Information Security

The importance of information security, for electronic and physical data, is paramount to the interests of both Boehm & Associates and our clients. We understand that our clients must have confidence in Boehm & Associates’ ability to protect their members’ protected health information from unauthorized disclosure, modification, and destruction. To this end, Boehm & Associates has obtained HITRUST Common Security Framework (CSF) certification in both our Northern and Southern California offices, which we believe will attest to the security of our current and future clients’ protected health information.

For those who are unfamiliar with the HITRUST CSF, Boehm & Associates recommends reviewing the Introduction to the HITRUST CSF and Comparing the CSF, ISO/IEC 27001 and NIST 800-53. Adherence to these unified standards ensures that Boehm & Associates takes a comprehensive approach to security, from the encryption of its data at rest and in transit to 24/7 system activity monitoring, stringent access control policies, routine vulnerability and patch management, and a full spectrum of additional security practices that support confidentiality, integrity, and availability of information at every level of the organization’s infrastructure.
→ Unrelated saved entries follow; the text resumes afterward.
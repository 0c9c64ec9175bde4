-- ===== src/Script/Compress/Tests.antt =====
-- A stand-in for the curve, where the second half of a point is 31 zeros and a bit, and a script that
-- pays to a point of it.
use tetra.Prelude.{
  ℕ, ◌+◌, ◌-◌, ◌%◌, ◌≡◌, refl, List, [], ◌∷◌, ◌++◌, Option, none, some, get_or, take, drop,
  replicate, length, arith, true,
}
use tetra.Script.Machine.{same}
use tetra.Script.Compress.{
  Curve, compress, decompress, is_to_key_id, is_to_script_id, is_to_pub_key, short_pub_key,
  long_pub_key, compress_key, get_special_size,
}
use tetra.Script.Compress.RoundTrip.{HasShortForms, decompress-compress}
use tetra.Script.Opcode.{value}

abbrev point : ℕ → List ℕ → List ℕ
point bit x = 4 ∷ (x ++ (replicate 31 0 ++ bit ∷ []))

abbrev short_point : List ℕ → Option (List ℕ)
short_point [] = none
short_point (p ∷ x) = some (point (p - 2) x)

abbrev toy : Curve
toy = record {
  is_fully_valid = λ key. same key (point (get_or key 64 0 % 2) (take 32 (drop 1 key)));
  decompress_key = short_point;
}

same_sound : (x y : List ℕ) → same x y ≡ true → x ≡ y
unfolding same
same_sound [] [] h = refl
same_sound [] (b ∷ y) h = cc
same_sound (a ∷ x) [] h = cc
same_sound (a ∷ x) (b ∷ y) h = ground (arith, same_sound x y)

toy-HasShortForms : HasShortForms toy
toy-HasShortForms xy size valid =
    let bit = get_or xy 63 0 % 2 in
    let back : 2 + bit - 2 ≡ bit = omega arith in
    let shape : 4 ∷ xy ≡ point bit (take 32 xy) =
      same_sound (4 ∷ xy) (point bit (take 32 xy)) valid in
    rw (back, shape) refl

abbrev x_part : List ℕ
x_part = replicate 32 9

abbrev pays_to_point : List ℕ
pays_to_point = 65 ∷ (point 1 x_part ++ 0xac ∷ [])

pays_to_point-compress : compress toy pays_to_point ≡ some (5 ∷ x_part)
unfolding compress is_to_key_id is_to_script_id is_to_pub_key short_pub_key long_pub_key
    compress_key value same
pays_to_point-compress = refl

decompress-compress_example :
    (n : ℕ) × (bytes : List ℕ) × (5 ∷ x_part ≡ n ∷ bytes)
    × (length bytes ≡ get_special_size n)
    × (decompress toy n bytes ≡ some pays_to_point)
decompress-compress_example =
    decompress-compress toy toy-HasShortForms pays_to_point (5 ∷ x_part) pays_to_point-compress
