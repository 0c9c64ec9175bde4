-- ===== src/Script/Compute/Multisig.antt =====
-- The matching loop of OP_CHECKMULTISIG (src/script.cpp): greedy, in one pass over the keys.
use tetra.Prelude.{
  ℕ, ◌≤◌, ◌≡◌, refl, Bool, true, false, List, [], ◌∷◌, arith, length, Bool-cases, inl, inr, ◌↔◌,
}
use tetra.Script.Machine.{Item, Context}
use tetra.Script.Compute.{check, match_sigs}

-- The signatures check, in their order, against keys taken in their order.
pub data Matches (ok : Item → Item → Bool) : List Item → List Item → Type 0 where
  all_matched : {keys : List Item} → Matches ok [] keys
  use_key :
      {sig key : Item} {sigs keys : List Item}
      → ok sig key ≡ true
      → Matches ok sigs keys
      → Matches ok (sig ∷ sigs) (key ∷ keys)
  skip_key :
      {key : Item} {sigs keys : List Item} → Matches ok sigs keys → Matches ok sigs (key ∷ keys)

Matches-le :
    {ok : Item → Item → Bool} {sigs keys : List Item}
    → Matches ok sigs keys
    → length sigs ≤ length keys
Matches-le all_matched = omega arith
Matches-le (use_key h m) = omega (arith, Matches-le m)
Matches-le (skip_key m) = omega (arith, Matches-le m)

-- Fewer signatures match too.
Matches-tail :
    {ok : Item → Item → Bool} {sig : Item} {sigs keys : List Item}
    → Matches ok (sig ∷ sigs) keys
    → Matches ok sigs keys
Matches-tail (use_key h m) = skip_key m
Matches-tail (skip_key m) = skip_key (Matches-tail m)

-- A key that the first signature passes may be spent on it: nothing is lost.
Matches-greedy :
    {ok : Item → Item → Bool} {sig key : Item} {sigs keys : List Item}
    → Matches ok (sig ∷ sigs) (key ∷ keys)
    → Matches ok sigs keys
Matches-greedy (use_key h m) = m
Matches-greedy (skip_key m) = Matches-tail m

-- A key that it fails can only be skipped.
Matches-skipped :
    {ok : Item → Item → Bool} {sig key : Item} {sigs keys : List Item}
    → ok sig key ≡ false
    → Matches ok (sig ∷ sigs) (key ∷ keys)
    → Matches ok (sig ∷ sigs) keys
Matches-skipped fails (use_key h m) = cc
Matches-skipped fails (skip_key m) = m

module _ (cx : Context) (code : List ℕ) where
  match_sigs_sound :
      (sigs keys : List Item)
      → match_sigs cx code sigs keys ≡ true
      → Matches (check cx code) sigs keys
  unfolding match_sigs
  match_sigs_sound [] keys e = all_matched
  match_sigs_sound (sig ∷ sigs) [] e = cc
  match_sigs_sound (sig ∷ sigs) (key ∷ keys) e = elim (Bool-cases (check cx code sig key)) [
    | inl passes ↦ use_key passes (match_sigs_sound sigs keys (ground arith))
    | inr fails ↦ skip_key (match_sigs_sound (sig ∷ sigs) keys (ground arith))
  ]

  match_sigs_complete :
      (sigs keys : List Item)
      → Matches (check cx code) sigs keys
      → match_sigs cx code sigs keys ≡ true
  unfolding match_sigs
  match_sigs_complete [] keys m = refl
  match_sigs_complete (sig ∷ sigs) [] m = absurd (omega (arith, Matches-le m))
  match_sigs_complete (sig ∷ sigs) (key ∷ keys) m = elim (Bool-cases (check cx code sig key)) [
    | inl passes ↦
        let m' = Matches-greedy m in
        ground (arith, passes, Matches-le m', match_sigs_complete sigs keys m')
    | inr fails ↦
        let m' = Matches-skipped fails m in
        ground (arith, fails, Matches-le m', match_sigs_complete (sig ∷ sigs) keys m')
  ]

  -- The loop of OP_CHECKMULTISIG succeeds exactly when the signatures check, in their order,
  -- against some of the keys in theirs: taking the first key that passes and giving up early lose
  -- nothing.
  pub match_sigs_iff :
      (sigs keys : List Item)
      → (match_sigs cx code sigs keys ≡ true) ↔ Matches (check cx code) sigs keys
  match_sigs_iff sigs keys = (match_sigs_sound sigs keys, match_sigs_complete sigs keys)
Our Information Security personnel provide dedicated collaboration with system owners, Information Technology, and Client Services in order to guarantee oversight and consistent compliance. Where data transfer and external system connections are required, we are committed to securing these communication channels and working with its clients to keep risk levels at a minimum.

Boehm & Associates strives to optimize the relationship between business, technology, and security to enable the highest quality of service to our clients. We look forward to cultivating those relationships in light of this certification and exploring new opportunities to ensure that our clients are availing themselves of all that we have to offer.